[TASK ITEM]: Retype, word for word, each line between the lines holding "-- ===== src/Share/Fetch.antt" and "λ s h. ground (arith, w.entry_in", inclusive, and leave the rest of the data alone.

[EXTRACTED RECORDS]:
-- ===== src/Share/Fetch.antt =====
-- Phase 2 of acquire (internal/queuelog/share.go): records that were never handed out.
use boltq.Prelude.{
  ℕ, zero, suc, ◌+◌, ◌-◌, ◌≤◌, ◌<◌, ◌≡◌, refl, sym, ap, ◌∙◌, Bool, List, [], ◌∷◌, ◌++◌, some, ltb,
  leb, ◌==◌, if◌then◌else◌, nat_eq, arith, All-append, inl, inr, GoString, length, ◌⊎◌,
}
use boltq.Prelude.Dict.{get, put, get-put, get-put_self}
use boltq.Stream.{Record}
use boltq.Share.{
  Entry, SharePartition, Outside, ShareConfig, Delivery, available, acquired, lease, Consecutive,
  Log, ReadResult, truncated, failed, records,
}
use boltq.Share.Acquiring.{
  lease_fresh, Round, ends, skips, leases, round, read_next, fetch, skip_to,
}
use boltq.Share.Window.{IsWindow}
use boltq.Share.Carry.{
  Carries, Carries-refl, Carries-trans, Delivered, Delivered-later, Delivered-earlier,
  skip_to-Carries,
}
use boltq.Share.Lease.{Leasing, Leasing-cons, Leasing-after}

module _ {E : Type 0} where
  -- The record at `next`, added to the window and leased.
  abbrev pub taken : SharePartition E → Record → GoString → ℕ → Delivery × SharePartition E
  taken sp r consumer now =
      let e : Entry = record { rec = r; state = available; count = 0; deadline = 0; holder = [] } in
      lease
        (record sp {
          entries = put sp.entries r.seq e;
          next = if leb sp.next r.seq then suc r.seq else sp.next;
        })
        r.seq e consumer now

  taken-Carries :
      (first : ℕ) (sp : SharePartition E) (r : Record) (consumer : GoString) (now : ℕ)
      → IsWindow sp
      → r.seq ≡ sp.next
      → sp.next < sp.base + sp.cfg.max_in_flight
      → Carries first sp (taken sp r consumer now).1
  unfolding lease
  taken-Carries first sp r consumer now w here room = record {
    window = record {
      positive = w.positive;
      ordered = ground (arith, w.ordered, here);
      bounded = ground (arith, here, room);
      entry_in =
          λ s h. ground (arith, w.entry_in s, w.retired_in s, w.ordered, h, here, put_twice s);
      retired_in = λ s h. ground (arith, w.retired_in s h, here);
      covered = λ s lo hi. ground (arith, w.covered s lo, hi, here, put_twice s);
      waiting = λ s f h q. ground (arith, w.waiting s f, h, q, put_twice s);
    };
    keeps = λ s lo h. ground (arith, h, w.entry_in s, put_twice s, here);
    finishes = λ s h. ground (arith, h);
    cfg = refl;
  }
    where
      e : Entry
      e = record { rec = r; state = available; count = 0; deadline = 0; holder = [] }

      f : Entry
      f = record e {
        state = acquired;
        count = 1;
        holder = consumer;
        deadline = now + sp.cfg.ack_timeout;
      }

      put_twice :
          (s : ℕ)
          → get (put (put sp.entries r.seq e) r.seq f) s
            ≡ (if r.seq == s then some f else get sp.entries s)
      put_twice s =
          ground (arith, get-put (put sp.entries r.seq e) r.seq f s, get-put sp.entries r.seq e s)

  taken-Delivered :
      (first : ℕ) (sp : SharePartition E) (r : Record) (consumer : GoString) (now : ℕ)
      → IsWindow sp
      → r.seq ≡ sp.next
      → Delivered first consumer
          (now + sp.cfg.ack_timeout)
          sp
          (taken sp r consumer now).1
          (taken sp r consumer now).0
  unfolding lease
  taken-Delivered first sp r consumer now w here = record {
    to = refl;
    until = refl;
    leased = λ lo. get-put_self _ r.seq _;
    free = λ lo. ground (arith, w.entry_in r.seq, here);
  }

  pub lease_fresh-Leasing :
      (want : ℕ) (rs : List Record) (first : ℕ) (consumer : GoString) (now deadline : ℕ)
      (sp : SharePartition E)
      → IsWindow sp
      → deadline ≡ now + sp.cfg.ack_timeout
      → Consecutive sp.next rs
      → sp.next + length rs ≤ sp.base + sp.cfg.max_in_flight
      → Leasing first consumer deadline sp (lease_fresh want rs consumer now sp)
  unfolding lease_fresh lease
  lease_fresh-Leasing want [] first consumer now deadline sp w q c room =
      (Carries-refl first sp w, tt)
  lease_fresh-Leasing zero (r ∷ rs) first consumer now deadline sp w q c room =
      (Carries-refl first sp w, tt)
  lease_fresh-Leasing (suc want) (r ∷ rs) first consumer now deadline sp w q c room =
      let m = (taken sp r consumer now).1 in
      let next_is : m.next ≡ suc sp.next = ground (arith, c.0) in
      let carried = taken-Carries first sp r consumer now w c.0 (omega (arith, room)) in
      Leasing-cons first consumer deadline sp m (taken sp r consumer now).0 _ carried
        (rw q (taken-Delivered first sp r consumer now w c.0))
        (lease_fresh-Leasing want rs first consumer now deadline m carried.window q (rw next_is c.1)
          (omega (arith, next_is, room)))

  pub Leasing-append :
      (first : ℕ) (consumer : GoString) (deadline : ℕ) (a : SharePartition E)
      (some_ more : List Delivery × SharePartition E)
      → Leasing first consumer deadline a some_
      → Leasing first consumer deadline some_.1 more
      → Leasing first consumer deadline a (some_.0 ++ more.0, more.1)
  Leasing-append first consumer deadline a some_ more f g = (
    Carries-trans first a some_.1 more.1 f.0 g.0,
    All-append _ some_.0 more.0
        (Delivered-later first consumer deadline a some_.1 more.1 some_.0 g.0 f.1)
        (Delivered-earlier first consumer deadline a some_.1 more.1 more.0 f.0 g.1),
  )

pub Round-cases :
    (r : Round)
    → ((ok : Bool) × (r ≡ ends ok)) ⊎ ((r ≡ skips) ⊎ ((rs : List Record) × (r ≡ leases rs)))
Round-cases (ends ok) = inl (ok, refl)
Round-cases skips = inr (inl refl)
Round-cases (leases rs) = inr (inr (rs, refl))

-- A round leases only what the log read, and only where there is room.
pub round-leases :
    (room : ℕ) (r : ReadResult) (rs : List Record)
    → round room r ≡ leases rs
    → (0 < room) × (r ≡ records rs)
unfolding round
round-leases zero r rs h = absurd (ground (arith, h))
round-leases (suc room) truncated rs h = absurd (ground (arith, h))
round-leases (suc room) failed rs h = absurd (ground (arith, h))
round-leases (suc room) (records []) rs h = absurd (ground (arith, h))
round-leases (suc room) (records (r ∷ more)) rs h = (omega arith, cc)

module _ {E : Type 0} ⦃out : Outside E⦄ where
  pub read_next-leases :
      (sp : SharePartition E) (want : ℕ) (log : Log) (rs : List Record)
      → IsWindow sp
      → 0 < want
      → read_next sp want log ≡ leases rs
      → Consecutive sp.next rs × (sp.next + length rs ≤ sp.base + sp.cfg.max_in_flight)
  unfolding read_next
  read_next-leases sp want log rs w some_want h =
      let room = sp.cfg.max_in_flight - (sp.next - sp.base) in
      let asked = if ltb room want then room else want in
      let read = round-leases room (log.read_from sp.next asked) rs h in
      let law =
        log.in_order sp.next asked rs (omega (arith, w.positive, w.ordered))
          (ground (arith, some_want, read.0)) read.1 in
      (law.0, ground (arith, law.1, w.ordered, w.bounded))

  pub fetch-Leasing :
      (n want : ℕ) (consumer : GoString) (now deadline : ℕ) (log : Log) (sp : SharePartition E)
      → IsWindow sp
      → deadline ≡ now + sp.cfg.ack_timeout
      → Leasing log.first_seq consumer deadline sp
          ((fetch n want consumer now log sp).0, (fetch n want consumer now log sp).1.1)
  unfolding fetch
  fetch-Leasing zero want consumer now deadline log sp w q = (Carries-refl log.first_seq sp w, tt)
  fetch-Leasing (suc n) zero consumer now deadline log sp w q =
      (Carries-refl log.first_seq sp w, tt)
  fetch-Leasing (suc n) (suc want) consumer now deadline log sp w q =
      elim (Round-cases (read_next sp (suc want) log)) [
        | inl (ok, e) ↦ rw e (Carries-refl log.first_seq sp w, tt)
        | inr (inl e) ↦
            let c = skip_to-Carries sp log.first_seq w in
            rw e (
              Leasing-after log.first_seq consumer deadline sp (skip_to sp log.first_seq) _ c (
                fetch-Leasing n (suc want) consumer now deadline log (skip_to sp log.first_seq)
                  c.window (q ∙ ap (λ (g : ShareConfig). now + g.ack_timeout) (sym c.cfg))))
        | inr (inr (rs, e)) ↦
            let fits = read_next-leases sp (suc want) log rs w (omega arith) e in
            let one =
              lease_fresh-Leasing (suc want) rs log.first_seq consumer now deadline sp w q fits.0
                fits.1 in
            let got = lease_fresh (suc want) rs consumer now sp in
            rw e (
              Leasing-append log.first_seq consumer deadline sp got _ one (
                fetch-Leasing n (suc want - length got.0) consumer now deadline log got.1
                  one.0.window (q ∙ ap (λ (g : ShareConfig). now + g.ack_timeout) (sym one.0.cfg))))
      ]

* * *

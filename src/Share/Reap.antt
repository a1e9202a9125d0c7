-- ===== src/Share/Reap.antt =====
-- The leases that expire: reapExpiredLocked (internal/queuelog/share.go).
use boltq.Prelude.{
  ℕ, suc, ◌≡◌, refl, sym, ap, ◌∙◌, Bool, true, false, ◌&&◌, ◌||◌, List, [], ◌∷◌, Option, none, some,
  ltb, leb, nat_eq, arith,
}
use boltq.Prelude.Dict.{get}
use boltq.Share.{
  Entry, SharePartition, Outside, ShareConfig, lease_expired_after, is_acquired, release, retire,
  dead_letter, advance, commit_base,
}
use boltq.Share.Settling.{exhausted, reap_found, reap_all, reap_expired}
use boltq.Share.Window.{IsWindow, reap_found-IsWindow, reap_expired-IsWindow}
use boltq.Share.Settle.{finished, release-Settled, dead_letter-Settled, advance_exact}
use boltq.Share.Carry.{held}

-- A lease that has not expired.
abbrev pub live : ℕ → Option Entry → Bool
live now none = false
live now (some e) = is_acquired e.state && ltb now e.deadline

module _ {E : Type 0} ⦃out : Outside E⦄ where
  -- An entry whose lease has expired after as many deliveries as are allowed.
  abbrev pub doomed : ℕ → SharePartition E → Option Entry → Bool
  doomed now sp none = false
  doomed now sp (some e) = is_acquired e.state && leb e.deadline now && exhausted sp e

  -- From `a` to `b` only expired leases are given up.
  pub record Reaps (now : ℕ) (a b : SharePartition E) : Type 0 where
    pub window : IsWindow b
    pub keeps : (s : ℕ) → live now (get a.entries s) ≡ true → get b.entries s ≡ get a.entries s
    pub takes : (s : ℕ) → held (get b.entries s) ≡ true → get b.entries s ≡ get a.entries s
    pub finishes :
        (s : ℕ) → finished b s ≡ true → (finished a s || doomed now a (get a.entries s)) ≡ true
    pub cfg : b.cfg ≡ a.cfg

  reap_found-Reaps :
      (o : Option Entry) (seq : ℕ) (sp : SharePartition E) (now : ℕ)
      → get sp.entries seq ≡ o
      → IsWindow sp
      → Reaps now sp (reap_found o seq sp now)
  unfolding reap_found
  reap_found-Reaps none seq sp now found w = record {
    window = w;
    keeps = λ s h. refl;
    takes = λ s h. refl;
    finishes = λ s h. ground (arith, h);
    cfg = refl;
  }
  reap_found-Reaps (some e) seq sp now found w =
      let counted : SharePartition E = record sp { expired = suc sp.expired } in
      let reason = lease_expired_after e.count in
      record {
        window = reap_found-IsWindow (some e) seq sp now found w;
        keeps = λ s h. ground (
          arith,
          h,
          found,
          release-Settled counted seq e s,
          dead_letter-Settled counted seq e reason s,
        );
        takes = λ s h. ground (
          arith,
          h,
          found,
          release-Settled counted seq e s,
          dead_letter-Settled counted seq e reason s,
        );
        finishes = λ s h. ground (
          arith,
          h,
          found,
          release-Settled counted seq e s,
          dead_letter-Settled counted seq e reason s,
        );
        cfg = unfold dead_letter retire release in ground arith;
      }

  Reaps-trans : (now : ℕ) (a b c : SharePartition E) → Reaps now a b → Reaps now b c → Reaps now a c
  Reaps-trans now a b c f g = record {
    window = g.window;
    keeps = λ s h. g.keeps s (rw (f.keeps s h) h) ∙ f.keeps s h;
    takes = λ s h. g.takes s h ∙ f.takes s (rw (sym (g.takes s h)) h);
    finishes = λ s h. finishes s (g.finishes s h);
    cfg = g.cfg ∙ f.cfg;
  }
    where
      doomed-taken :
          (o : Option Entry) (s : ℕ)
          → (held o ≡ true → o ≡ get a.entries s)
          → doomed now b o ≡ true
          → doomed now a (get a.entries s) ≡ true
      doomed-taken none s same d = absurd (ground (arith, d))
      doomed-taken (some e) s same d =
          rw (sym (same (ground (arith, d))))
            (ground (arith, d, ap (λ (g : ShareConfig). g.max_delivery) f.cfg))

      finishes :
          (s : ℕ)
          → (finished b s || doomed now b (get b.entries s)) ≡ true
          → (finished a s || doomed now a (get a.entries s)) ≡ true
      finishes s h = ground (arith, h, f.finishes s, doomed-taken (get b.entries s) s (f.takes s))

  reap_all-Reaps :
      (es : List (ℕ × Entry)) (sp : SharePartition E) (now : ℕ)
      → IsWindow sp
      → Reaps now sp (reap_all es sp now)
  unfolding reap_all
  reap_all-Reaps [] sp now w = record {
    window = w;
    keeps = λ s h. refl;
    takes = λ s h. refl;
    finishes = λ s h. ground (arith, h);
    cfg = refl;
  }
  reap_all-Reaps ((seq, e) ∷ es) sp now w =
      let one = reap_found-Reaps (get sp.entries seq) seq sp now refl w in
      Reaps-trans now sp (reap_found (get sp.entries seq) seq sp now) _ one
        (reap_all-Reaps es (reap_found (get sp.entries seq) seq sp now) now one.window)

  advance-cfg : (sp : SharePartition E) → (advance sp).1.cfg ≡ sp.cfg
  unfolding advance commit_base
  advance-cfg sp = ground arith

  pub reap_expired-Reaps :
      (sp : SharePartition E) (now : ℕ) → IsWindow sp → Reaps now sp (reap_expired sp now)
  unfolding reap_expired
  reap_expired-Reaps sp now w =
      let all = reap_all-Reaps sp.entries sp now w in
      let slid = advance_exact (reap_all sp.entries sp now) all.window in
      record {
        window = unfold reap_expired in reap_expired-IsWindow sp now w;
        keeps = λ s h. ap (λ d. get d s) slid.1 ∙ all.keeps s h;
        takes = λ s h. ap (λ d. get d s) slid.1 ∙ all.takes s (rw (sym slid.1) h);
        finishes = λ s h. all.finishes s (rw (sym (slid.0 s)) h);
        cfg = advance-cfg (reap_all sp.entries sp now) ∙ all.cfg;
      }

==

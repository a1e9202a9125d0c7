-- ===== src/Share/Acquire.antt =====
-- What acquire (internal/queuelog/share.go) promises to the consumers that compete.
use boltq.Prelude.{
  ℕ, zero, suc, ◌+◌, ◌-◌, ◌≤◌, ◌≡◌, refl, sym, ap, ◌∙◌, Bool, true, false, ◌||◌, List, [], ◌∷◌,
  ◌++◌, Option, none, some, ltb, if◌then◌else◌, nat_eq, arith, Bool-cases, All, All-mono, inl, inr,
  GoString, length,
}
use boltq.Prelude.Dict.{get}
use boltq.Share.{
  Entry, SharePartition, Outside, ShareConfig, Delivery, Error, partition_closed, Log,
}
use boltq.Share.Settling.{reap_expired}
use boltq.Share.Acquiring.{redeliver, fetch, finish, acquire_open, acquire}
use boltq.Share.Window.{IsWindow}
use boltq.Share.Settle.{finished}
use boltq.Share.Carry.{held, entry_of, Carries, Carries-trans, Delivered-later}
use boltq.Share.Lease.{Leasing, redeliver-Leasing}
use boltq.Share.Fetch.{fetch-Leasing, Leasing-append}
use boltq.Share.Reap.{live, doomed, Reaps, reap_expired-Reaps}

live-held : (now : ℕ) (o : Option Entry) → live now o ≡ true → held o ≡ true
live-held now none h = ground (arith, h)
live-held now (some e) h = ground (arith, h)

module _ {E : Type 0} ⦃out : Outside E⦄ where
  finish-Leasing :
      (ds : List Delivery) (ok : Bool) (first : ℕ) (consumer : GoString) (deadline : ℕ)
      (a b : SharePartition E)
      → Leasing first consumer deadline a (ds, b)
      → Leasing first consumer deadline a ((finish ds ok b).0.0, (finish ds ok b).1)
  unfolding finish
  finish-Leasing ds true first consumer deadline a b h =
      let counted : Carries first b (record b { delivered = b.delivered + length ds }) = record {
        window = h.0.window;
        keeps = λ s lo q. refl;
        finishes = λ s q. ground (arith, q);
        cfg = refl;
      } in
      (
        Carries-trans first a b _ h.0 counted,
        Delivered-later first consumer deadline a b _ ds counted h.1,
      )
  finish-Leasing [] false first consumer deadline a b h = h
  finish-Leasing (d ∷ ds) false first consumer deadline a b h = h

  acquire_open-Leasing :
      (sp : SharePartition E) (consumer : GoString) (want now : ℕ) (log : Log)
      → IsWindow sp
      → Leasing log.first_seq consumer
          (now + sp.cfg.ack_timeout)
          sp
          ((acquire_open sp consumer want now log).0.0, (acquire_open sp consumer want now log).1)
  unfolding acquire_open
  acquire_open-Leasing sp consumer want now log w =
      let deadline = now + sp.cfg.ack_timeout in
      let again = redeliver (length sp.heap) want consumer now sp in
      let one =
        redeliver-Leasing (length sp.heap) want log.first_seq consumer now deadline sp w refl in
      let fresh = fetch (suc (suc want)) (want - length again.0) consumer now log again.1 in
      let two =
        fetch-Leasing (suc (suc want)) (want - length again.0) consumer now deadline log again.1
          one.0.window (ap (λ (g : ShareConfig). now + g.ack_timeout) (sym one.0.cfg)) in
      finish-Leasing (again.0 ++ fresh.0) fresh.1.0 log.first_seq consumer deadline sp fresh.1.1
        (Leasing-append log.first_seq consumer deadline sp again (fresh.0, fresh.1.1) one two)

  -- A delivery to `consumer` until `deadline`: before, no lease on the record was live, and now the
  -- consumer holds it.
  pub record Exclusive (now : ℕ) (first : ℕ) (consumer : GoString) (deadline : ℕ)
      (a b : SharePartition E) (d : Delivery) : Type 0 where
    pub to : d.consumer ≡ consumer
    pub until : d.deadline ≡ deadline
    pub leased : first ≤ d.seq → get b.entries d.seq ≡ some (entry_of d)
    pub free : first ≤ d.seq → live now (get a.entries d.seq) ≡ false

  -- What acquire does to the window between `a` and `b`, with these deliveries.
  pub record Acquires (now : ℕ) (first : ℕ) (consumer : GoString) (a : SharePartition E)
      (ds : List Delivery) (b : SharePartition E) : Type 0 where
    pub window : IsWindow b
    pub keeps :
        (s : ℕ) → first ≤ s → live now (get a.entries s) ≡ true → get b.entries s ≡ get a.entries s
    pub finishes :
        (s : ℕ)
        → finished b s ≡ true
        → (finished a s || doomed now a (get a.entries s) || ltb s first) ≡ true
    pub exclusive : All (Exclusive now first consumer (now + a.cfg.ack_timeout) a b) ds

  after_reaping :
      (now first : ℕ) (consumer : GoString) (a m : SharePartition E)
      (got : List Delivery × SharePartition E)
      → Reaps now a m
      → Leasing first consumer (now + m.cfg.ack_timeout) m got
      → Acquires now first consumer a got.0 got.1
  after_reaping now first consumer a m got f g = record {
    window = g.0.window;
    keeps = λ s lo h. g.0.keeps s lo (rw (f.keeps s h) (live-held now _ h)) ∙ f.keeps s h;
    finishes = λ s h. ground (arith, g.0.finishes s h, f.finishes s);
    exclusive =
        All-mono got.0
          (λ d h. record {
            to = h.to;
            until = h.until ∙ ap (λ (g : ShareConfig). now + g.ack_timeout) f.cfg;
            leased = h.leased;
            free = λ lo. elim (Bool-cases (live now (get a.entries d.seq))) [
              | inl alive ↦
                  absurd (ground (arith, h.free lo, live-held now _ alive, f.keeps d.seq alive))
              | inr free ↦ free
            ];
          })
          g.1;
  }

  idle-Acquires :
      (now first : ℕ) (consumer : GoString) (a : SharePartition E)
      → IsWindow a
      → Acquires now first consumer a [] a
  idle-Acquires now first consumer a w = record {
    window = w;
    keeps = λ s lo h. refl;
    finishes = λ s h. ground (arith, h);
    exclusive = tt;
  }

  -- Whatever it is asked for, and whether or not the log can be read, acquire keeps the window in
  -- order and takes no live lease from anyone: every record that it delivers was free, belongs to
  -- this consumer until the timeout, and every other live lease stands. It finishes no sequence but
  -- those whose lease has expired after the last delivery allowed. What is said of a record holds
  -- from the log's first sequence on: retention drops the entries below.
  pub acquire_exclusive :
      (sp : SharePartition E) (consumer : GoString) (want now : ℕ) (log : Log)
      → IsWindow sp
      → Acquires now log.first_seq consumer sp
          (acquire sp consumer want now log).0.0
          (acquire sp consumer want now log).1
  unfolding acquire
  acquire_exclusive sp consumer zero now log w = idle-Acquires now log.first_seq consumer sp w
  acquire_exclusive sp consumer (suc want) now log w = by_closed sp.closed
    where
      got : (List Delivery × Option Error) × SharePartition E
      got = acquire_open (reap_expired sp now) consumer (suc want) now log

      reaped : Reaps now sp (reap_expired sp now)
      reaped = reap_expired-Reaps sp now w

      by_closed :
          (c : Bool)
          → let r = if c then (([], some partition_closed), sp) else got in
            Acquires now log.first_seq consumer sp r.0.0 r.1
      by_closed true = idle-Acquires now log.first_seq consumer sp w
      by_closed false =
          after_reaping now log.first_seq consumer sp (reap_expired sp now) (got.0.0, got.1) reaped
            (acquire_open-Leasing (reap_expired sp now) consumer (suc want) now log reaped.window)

[TASK RESPONSE]:
-- ===== src/Share/Fetch.antt =====
-- Phase 2 of acquire (internal/queuelog/share.go): records that were never handed out.
use boltq.Prelude.{
  ℕ, zero, suc, ◌+◌, ◌-◌, ◌≤◌, ◌<◌, ◌≡◌, refl, sym, ap, ◌∙◌, Bool, List, [], ◌∷◌, ◌++◌, some, ltb,
  leb, ◌==◌, if◌then◌else◌, nat_eq, arith, All-append, inl, inr, GoString, length, ◌⊎◌,
}
use boltq.Prelude.Dict.{get, put, get-put, get-put_self}
use boltq.Stream.{Record}
use boltq.Share.{
  Entry, SharePartition, Outside, ShareConfig, Delivery, available, acquired, lease, Consecutive,
  Log, ReadResult, truncated, failed, records,
}
use boltq.Share.Acquiring.{
  lease_fresh, Round, ends, skips, leases, round, read_next, fetch, skip_to,
}
use boltq.Share.Window.{IsWindow}
use boltq.Share.Carry.{
  Carries, Carries-refl, Carries-trans, Delivered, Delivered-later, Delivered-earlier,
  skip_to-Carries,
}
use boltq.Share.Lease.{Leasing, Leasing-cons, Leasing-after}

module _ {E : Type 0} where
  -- The record at `next`, added to the window and leased.
  abbrev pub taken : SharePartition E → Record → GoString → ℕ → Delivery × SharePartition E
  taken sp r consumer now =
      let e : Entry = record { rec = r; state = available; count = 0; deadline = 0; holder = [] } in
      lease
        (record sp {
          entries = put sp.entries r.seq e;
          next = if leb sp.next r.seq then suc r.seq else sp.next;
        })
        r.seq e consumer now

  taken-Carries :
      (first : ℕ) (sp : SharePartition E) (r : Record) (consumer : GoString) (now : ℕ)
      → IsWindow sp
      → r.seq ≡ sp.next
      → sp.next < sp.base + sp.cfg.max_in_flight
      → Carries first sp (taken sp r consumer now).1
  unfolding lease
  taken-Carries first sp r consumer now w here room = record {
    window = record {
      positive = w.positive;
      ordered = ground (arith, w.ordered, here);
      bounded = ground (arith, here, room);
      entry_in =
          λ s h. ground (arith, w.entry_in s, w.retired_in s, w.ordered, h, here, put_twice s);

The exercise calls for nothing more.